» What the task requires: Among the lines below, restate word for word only those from the line with "word_at 4 e.level_tick" through the line with "unfolding get_order", with both end lines kept.

Stored entries
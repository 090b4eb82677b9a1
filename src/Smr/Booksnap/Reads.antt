-- ===== src/Smr/Booksnap/Reads.antt =====
-- What the reads of a snapshot find among the bytes written.
use hi_perf_cmp.Prelude.{
  ℕ, zero, suc, ◌+◌, ◌*◌, ◌/◌, ◌%◌, ◌^◌, ◌<◌, ◌≡◌, refl, ap, ◌∙◌, arith, true, List, [], ◌∷◌, ◌++◌,
  some, length, length-append, take, leb, get_elem?,
}
use hi_perf_cmp.Smr.Booksnap.{
  Side, bid, ask, null_val, LevelEntry, OrderEntry, to_le_bytes, from_le_bytes, get_bytes_at,
  get_word_at, side_byte, side_from, get_level, get_order,
}
use hi_perf_cmp.Smr.Booksnap.Writes.{level_bytes, order_bytes, drop-append}

-- One more than the greatest word of `n` bytes.
abbrev pub size : ℕ → ℕ
size zero = 1
size (suc n) = 256 * size n

pub from_le_bytes-to_le_bytes : (n v : ℕ) → v < size n → from_le_bytes (to_le_bytes n v) ≡ v
from_le_bytes-to_le_bytes zero v h = omega arith
from_le_bytes-to_le_bytes (suc n) v h =
    omega (arith, from_le_bytes-to_le_bytes n (v / 256) (below (size n) v h))
  where
    below : (s v : ℕ) → v < 256 * s → v / 256 < s
    below s v h = omega arith

-- A read behind bytes that are passed over.
get_bytes_at-append :
    (n i k : ℕ) (w r : List ℕ) → i ≡ length w + k → get_bytes_at n i (w ++ r) ≡ get_bytes_at n k r
unfolding get_bytes_at
get_bytes_at-append n i k w r h = rw (h, drop-append w r k) (ground (arith, length-append w r))

get_elem?-append_at :
    (i k : ℕ) (w r : List ℕ) → i ≡ length w + k → get_elem? (w ++ r) i ≡ get_elem? r k
get_elem?-append_at i k [] r h = ap (get_elem? r) (omega arith)
get_elem?-append_at zero k (x ∷ w) r h = absurd (omega arith)
get_elem?-append_at (suc i) k (x ∷ w) r h = get_elem?-append_at i k w r (omega arith)

-- A word that starts the bytes.
get_word_at-first :
    (n v : ℕ) (r : List ℕ) → v < size n → get_word_at n 0 (to_le_bytes n v ++ r) ≡ some v
unfolding get_word_at get_bytes_at
get_word_at-first n v r h = rw (short, first n v r, from_le_bytes-to_le_bytes n v h) refl
  where
    first : (n v : ℕ) (r : List ℕ) → take n (to_le_bytes n v ++ r) ≡ to_le_bytes n v
    first zero v r = refl
    first (suc n) v r = ap (λ l. v % 256 ∷ l) (first n (v / 256) r)

    wide : (n v : ℕ) → length (to_le_bytes n v) ≡ n
    wide zero v = refl
    wide (suc n) v = ap suc (wide n (v / 256))

    short : leb (0 + n) (length (to_le_bytes n v ++ r)) ≡ true
    short = ground (arith, length-append (to_le_bytes n v) r, wide n v)

skipped : (n i : ℕ) (w r : List ℕ) → i ≡ length w → get_word_at n i (w ++ r) ≡ get_word_at n 0 r
unfolding get_word_at
skipped n i w r h = rw (get_bytes_at-append n i 0 w r (omega arith)) refl

-- A word behind bytes that are passed over.
pub get_word_at-append :
    (n i v : ℕ) (w r : List ℕ)
    → i ≡ length w
    → v < size n
    → get_word_at n i (w ++ (to_le_bytes n v ++ r)) ≡ some v
get_word_at-append n i v w r h fits =
    skipped n i w (to_le_bytes n v ++ r) h ∙ get_word_at-first n v r fits

pub side_from-side_byte : (s : Side) → side_from (side_byte s % 256) ≡ s
unfolding side_from side_byte
side_from-side_byte bid = refl
side_from-side_byte ask = refl
side_from-side_byte null_val = refl

-- The entry of a level, and of an order, whose fields fit their words.
pub record IsLevelEntry (e : LevelEntry) : Type 0 where
  pub level_tick : e.level_tick < 2 ^ 32
  pub qty_total : e.qty_total < 2 ^ 64
  pub order_count : e.order_count < 2 ^ 32
  pub head : e.head < 2 ^ 32
  pub tail : e.tail < 2 ^ 32

pub record IsOrderEntry (e : OrderEntry) : Type 0 where
  pub slot : e.slot < 2 ^ 32
  pub order_id : e.order_id < 2 ^ 64
  pub price : e.price < 2 ^ 64
  pub qty : e.qty < 2 ^ 64
  pub filled : e.filled < 2 ^ 64
  pub next_slot : e.next_slot < 2 ^ 32
  pub prev : e.prev < 2 ^ 32

-- A word read at `i + k`, behind `w` and then `k` bytes.
word_at :
    (n v i k j : ℕ) (w x r : List ℕ)
    → i ≡ length w
    → k ≡ length x
    → i + k ≡ j
    → v < size n
    → get_word_at n j (w ++ (x ++ (to_le_bytes n v ++ r))) ≡ some v
unfolding get_word_at
word_at n v i k j w x r h m e fits =
    rw (get_bytes_at-append n j k w (x ++ (to_le_bytes n v ++ r)) (omega arith))
      (get_word_at-append n k v x r m fits)

pub get_level-level_bytes :
    (e : LevelEntry) (i : ℕ) (w r : List ℕ)
    → IsLevelEntry e
    → i ≡ length w
    → get_level i (w ++ (level_bytes e ++ r)) ≡ some e
unfolding get_level
get_level-level_bytes e i w r f h =
    let b0 = to_le_bytes 1 (side_byte e.side) in
    let b1 = b0 ++ to_le_bytes 4 e.level_tick in
    let b2 = b1 ++ to_le_bytes 8 e.qty_total in
    let b3 = b2 ++ to_le_bytes 4 e.order_count in
    let b4 = b3 ++ to_le_bytes 4 e.head in
    let a4 = to_le_bytes 4 e.tail ++ r in
    let a3 = to_le_bytes 4 e.head ++ a4 in
    let a2 = to_le_bytes 4 e.order_count ++ a3 in
    let a1 = to_le_bytes 8 e.qty_total ++ a2 in
    rw
      (
        get_elem?-append_at i 0 w (level_bytes e ++ r) (omega arith),
        word_at 4 e.level_tick i 1 (i + 1) w b0 a1 h refl refl f.level_tick,
        word_at 8 e.qty_total i 5 (i + 5) w b1 a2 h refl refl f.qty_total,
        word_at 4 e.order_count i 13 (i + 13) w b2 a3 h refl refl f.order_count,
        word_at 4 e.head i 17 (i + 17) w b3 a4 h refl refl f.head,
        word_at 4 e.tail i 21 (i + 21) w b4 r h refl refl f.tail,
      )
      (ap (λ z. some (record e { side = z })) (side_from-side_byte e.side))

pub get_order-order_bytes :
    (e : OrderEntry) (i : ℕ) (w r : List ℕ)
    → IsOrderEntry e
    → i ≡ length w
    → get_order i (w ++ (order_bytes e ++ r)) ≡ some e
unfolding get_order
get_order-order_bytes e i w r f h =
    let b0 = to_le_bytes 4 e.slot in
    let b1 = b0 ++ to_le_bytes 8 e.order_id in
    let b2 = b1 ++ to_le_bytes 8 e.price in
    let b3 = b2 ++ to_le_bytes 8 e.qty in
    let b4 = b3 ++ to_le_bytes 8 e.filled in
    let b5 = b4 ++ to_le_bytes 1 (side_byte e.side) in
    let b6 = b5 ++ to_le_bytes 4 e.next_slot in
    let a6 = to_le_bytes 4 e.prev ++ r in
    let a5 = to_le_bytes 4 e.next_slot ++ a6 in
    let a4 = to_le_bytes 1 (side_byte e.side) ++ a5 in
    let a3 = to_le_bytes 8 e.filled ++ a4 in
    let a2 = to_le_bytes 8 e.qty ++ a3 in
    let a1 = to_le_bytes 8 e.price ++ a2 in
    let a0 = to_le_bytes 8 e.order_id ++ a1 in
    rw
      (
        word_at 4 e.slot i 0 i w [] a0 h refl (omega arith) f.slot,
        word_at 8 e.order_id i 4 (i + 4) w b0 a1 h refl refl f.order_id,
        word_at 8 e.price i 12 (i + 12) w b1 a2 h refl refl f.price,
        word_at 8 e.qty i 20 (i + 20) w b2 a3 h refl refl f.qty,
        word_at 8 e.filled i 28 (i + 28) w b3 a4 h refl refl f.filled,
        get_elem?-append_at (i + 36) 36 w (order_bytes e ++ r) (omega arith),
        word_at 4 e.next_slot i 37 (i + 37) w b5 a6 h refl refl f.next_slot,
        word_at 4 e.prev i 41 (i + 41) w b6 r h refl refl f.prev,
      )
      (ap (λ z. some (record e { side = z })) (side_from-side_byte e.side))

» Task solution:
        word_at 4 e.level_tick i 1 (i + 1) w b0 a1 h refl refl f.level_tick,
        word_at 8 e.qty_total i 5 (i + 5) w b1 a2 h refl refl f.qty_total,
        word_at 4 e.order_count i 13 (i + 13) w b2 a3 h refl refl f.order_count,
        word_at 4 e.head i 17 (i + 17) w b3 a4 h refl refl f.head,
        word_at 4 e.tail i 21 (i + 21) w b4 r h refl refl f.tail,
      )
      (ap (λ z. some (record e { side = z })) (side_from-side_byte e.side))

pub get_order-order_bytes :
    (e : OrderEntry) (i : ℕ) (w r : List ℕ)
    → IsOrderEntry e
    → i ≡ length w
    → get_order i (w ++ (order_bytes e ++ r)) ≡ some e
unfolding get_order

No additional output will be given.